Using the data beneath, show every line that includes the word "none".

Task data
# # #

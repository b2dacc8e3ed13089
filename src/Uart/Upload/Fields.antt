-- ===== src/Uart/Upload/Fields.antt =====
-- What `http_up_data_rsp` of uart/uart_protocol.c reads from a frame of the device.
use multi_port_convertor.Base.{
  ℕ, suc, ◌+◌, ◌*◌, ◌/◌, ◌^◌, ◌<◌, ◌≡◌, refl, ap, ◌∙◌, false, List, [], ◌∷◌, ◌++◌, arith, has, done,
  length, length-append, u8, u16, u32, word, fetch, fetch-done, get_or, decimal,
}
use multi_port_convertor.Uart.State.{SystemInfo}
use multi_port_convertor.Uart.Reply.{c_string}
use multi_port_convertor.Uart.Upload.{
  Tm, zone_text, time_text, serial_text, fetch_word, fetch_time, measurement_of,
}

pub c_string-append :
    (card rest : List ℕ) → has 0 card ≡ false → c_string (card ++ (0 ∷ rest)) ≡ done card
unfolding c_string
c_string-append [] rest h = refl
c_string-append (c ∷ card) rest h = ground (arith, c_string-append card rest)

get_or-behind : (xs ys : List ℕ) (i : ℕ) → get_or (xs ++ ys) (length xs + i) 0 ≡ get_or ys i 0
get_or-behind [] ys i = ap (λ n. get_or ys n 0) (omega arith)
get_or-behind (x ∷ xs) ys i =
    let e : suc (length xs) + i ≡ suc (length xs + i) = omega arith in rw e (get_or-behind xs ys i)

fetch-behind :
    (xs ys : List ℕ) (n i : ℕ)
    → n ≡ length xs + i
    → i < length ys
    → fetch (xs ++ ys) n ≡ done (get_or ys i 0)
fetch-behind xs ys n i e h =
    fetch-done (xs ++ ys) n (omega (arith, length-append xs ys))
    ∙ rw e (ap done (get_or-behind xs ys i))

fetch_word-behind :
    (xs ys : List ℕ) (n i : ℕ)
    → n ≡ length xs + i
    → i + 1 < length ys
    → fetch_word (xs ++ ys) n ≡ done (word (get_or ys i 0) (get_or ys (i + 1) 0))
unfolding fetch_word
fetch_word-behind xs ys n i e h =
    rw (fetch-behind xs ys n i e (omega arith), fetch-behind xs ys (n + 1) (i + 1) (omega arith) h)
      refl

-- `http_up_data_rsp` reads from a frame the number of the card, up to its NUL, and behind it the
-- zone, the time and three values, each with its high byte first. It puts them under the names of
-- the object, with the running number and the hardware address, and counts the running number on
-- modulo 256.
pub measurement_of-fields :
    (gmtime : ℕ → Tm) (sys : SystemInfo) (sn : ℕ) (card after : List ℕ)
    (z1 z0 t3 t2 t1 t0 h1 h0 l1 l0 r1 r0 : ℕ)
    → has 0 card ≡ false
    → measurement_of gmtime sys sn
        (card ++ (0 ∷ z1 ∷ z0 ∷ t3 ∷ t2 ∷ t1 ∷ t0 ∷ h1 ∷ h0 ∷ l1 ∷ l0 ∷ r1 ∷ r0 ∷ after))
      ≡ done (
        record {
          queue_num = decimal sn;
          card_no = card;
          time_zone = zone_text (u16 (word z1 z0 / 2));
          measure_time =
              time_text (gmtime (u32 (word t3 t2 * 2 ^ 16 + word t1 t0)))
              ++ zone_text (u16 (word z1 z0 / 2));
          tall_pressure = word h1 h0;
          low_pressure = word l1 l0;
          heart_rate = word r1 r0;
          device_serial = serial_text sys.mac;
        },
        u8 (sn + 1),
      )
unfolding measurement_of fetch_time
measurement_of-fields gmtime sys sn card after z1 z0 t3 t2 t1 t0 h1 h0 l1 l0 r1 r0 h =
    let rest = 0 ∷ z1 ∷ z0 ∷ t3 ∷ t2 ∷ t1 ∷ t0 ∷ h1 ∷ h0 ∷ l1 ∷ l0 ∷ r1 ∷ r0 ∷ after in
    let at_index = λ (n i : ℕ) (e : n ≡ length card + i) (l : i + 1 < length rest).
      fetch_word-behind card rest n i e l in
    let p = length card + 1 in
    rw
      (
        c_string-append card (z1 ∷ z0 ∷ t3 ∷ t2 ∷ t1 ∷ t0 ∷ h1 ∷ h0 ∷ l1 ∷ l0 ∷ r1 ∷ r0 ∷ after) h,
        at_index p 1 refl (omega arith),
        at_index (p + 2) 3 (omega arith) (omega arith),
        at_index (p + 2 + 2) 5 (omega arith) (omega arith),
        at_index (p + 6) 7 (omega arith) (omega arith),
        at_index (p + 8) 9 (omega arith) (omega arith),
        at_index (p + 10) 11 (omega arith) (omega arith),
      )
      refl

# # #

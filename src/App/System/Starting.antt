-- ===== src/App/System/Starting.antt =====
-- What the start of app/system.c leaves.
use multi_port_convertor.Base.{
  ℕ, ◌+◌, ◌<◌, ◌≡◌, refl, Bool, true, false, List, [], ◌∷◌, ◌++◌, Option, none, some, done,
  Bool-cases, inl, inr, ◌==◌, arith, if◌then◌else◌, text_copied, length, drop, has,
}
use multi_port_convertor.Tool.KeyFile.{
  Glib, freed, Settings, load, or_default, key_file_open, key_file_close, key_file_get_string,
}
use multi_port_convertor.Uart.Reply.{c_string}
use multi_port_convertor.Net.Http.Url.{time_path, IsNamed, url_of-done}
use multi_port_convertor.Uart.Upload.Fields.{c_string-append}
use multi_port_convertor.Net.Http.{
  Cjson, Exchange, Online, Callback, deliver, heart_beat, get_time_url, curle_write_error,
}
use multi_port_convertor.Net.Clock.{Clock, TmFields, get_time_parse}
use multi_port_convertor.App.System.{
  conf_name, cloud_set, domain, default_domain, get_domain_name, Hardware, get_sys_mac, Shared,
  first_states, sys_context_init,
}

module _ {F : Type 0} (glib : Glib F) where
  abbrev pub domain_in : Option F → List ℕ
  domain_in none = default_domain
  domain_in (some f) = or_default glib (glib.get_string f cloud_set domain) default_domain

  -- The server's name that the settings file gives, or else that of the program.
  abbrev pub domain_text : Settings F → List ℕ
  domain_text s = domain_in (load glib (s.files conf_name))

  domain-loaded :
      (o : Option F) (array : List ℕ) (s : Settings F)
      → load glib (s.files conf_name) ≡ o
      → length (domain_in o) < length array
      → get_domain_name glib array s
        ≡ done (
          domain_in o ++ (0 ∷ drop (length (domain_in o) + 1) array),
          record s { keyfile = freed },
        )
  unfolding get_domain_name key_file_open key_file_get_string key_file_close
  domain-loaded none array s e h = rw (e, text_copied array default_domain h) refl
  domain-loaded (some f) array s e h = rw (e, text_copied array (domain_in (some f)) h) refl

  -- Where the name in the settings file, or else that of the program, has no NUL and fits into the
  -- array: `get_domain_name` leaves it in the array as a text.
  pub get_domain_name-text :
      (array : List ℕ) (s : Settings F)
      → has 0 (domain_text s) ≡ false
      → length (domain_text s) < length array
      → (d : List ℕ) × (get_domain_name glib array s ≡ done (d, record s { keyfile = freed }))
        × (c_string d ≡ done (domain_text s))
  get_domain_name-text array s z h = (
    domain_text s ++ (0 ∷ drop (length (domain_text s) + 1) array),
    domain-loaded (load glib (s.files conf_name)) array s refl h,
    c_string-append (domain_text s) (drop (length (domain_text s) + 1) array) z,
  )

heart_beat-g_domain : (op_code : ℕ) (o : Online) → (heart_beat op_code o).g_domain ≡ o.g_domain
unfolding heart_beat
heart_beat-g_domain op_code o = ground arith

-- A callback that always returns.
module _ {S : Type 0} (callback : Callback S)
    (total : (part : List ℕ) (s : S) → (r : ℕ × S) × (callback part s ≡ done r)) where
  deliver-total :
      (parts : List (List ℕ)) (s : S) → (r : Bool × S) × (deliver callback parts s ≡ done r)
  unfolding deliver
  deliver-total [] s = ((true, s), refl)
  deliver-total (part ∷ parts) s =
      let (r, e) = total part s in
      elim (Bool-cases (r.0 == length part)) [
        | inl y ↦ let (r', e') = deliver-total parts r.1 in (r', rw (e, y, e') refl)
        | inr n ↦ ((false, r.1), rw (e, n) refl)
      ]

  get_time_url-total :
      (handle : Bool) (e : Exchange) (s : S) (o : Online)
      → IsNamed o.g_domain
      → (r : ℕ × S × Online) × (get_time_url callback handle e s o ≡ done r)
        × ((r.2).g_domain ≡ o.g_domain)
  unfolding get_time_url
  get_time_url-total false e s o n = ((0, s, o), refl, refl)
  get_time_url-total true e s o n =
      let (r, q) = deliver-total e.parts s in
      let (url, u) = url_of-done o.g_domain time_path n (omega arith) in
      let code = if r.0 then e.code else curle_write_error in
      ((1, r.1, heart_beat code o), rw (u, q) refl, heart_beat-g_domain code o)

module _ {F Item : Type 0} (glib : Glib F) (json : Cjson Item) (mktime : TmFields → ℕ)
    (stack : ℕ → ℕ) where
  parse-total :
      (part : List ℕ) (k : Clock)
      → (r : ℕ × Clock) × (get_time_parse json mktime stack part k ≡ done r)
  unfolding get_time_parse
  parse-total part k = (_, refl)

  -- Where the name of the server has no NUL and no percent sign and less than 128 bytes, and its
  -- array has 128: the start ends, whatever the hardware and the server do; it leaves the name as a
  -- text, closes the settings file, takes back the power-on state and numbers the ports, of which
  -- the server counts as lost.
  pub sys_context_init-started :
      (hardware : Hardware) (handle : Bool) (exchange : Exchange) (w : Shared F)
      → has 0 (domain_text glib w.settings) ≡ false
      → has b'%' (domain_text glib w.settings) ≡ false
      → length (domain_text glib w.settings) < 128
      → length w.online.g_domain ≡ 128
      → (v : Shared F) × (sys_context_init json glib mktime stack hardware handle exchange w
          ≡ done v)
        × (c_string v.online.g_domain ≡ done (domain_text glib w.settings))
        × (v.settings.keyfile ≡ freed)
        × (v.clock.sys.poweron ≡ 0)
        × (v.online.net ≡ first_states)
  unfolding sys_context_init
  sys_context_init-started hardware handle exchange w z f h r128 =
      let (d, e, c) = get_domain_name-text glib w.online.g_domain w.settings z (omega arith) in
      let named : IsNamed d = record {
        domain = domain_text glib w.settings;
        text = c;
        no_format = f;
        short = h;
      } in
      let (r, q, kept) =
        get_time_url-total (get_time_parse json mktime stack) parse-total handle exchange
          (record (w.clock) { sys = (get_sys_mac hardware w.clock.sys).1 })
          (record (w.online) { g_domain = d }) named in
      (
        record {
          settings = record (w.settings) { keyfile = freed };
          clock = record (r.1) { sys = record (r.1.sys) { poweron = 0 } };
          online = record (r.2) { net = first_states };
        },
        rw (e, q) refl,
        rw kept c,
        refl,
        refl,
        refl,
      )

# # #

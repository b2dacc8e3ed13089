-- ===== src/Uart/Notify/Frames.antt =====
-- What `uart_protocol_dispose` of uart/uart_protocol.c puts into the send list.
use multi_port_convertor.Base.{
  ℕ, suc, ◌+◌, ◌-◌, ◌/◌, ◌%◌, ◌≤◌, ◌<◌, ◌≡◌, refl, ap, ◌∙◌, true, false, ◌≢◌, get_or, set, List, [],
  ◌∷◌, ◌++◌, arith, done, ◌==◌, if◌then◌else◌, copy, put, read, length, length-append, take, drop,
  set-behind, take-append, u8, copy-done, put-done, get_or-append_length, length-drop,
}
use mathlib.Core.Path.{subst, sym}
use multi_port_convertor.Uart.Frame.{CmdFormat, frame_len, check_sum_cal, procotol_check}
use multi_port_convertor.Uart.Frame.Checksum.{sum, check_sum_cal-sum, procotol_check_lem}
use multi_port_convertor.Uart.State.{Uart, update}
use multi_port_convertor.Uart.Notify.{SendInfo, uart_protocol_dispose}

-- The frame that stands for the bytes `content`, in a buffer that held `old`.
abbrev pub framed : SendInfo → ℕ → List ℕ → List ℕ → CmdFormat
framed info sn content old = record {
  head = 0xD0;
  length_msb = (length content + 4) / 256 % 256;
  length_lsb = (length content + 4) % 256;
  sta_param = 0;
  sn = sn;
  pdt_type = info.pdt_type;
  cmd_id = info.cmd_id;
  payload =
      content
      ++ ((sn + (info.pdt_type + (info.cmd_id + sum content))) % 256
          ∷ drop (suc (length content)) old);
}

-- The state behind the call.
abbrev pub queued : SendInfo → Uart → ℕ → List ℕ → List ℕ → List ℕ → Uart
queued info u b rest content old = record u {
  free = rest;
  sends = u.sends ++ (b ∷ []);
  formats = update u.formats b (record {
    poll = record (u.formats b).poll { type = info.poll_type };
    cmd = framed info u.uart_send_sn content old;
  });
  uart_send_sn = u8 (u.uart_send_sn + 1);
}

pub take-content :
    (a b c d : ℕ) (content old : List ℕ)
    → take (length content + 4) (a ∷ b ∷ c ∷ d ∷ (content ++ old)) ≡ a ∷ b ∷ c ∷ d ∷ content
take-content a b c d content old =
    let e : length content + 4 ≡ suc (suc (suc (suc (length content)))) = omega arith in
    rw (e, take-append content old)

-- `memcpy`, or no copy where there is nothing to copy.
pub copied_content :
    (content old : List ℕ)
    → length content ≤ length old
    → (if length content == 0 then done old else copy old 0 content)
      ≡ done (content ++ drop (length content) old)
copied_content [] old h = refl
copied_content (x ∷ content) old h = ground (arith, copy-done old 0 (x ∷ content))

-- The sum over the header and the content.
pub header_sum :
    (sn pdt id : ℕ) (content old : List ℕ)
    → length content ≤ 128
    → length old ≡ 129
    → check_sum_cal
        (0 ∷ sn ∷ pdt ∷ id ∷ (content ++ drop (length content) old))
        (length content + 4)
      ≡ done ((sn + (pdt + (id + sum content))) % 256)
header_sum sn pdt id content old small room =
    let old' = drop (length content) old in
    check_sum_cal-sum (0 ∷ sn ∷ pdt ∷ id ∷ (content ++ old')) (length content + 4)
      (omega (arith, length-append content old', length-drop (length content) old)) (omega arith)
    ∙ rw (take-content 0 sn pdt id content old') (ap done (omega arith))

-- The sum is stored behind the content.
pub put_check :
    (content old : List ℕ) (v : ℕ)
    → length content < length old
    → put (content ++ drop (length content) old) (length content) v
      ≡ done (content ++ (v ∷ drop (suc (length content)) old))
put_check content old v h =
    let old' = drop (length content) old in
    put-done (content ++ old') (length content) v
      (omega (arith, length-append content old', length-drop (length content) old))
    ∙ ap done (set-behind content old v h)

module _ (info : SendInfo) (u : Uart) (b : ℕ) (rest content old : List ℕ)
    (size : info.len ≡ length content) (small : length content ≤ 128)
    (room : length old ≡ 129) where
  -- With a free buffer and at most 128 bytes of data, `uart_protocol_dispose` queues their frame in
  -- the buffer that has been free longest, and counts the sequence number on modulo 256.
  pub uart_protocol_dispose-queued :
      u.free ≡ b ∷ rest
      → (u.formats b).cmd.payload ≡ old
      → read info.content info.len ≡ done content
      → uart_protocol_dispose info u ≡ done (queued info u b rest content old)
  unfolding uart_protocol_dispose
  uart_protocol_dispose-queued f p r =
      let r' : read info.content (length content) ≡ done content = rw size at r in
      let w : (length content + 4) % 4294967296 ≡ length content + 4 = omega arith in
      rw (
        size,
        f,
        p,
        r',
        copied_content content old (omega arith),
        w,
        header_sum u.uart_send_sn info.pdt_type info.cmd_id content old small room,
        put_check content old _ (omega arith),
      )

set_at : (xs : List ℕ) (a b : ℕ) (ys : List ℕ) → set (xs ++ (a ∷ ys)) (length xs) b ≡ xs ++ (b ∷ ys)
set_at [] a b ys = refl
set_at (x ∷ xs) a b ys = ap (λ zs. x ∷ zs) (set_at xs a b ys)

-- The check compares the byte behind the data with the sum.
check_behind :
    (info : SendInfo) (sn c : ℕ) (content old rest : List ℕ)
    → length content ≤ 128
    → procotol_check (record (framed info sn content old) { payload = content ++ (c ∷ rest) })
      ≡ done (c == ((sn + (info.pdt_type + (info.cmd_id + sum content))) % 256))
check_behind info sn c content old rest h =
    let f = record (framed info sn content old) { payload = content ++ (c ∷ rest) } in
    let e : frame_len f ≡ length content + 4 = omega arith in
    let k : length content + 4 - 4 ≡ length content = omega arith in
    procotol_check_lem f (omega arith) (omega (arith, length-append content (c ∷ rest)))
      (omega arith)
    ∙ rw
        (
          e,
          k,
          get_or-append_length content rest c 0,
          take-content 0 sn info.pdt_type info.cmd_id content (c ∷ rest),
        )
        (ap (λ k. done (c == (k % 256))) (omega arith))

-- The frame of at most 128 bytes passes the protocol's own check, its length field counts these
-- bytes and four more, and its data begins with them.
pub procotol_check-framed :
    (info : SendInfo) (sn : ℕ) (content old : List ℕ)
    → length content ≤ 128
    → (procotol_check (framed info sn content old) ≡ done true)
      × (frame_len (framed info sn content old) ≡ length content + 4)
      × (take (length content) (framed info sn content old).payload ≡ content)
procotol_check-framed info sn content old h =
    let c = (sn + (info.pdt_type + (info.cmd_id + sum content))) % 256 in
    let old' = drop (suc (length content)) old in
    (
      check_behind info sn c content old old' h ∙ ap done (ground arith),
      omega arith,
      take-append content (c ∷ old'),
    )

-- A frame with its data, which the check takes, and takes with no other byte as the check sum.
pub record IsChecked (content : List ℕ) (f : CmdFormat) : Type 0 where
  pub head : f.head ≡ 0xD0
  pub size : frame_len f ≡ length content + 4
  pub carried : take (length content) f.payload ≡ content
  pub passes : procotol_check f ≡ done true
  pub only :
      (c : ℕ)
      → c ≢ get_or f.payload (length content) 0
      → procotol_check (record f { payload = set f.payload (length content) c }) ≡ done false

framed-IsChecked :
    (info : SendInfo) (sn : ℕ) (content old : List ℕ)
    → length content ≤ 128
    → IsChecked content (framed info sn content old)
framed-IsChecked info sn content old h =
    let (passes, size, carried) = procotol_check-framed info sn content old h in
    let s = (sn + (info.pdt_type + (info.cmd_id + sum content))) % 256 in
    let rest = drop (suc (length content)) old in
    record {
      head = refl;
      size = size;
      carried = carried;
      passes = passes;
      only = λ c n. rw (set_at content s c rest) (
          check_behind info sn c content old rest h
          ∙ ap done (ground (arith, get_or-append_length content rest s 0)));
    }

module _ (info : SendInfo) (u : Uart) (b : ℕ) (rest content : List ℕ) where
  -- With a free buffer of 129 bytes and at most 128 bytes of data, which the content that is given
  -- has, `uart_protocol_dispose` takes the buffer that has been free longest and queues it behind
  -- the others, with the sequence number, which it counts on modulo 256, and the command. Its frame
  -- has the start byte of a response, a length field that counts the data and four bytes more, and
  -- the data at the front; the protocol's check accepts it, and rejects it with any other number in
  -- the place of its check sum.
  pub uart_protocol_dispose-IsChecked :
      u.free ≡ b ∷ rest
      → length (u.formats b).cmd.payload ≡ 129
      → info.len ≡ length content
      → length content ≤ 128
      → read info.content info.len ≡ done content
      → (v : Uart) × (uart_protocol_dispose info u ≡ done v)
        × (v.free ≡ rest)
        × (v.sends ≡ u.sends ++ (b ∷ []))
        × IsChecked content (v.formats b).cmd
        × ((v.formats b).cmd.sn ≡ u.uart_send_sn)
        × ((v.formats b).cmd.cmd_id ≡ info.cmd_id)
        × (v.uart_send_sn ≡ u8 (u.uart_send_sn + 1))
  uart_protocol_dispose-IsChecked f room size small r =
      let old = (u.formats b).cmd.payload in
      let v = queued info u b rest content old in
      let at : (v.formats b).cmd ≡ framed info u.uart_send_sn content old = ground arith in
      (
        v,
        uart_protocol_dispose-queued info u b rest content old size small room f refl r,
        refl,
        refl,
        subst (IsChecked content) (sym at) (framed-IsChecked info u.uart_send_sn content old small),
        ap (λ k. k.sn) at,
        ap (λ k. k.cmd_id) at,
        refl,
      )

# # #

Solution to the problem
  ℕ, ◌+◌, ◌<◌, ◌≡◌, refl, Bool, true, false, List, [], ◌∷◌, ◌++◌, Option, none, some, done,
  domain_in none = default_domain
  domain-loaded none array s e h = rw (e, text_copied array default_domain h) refl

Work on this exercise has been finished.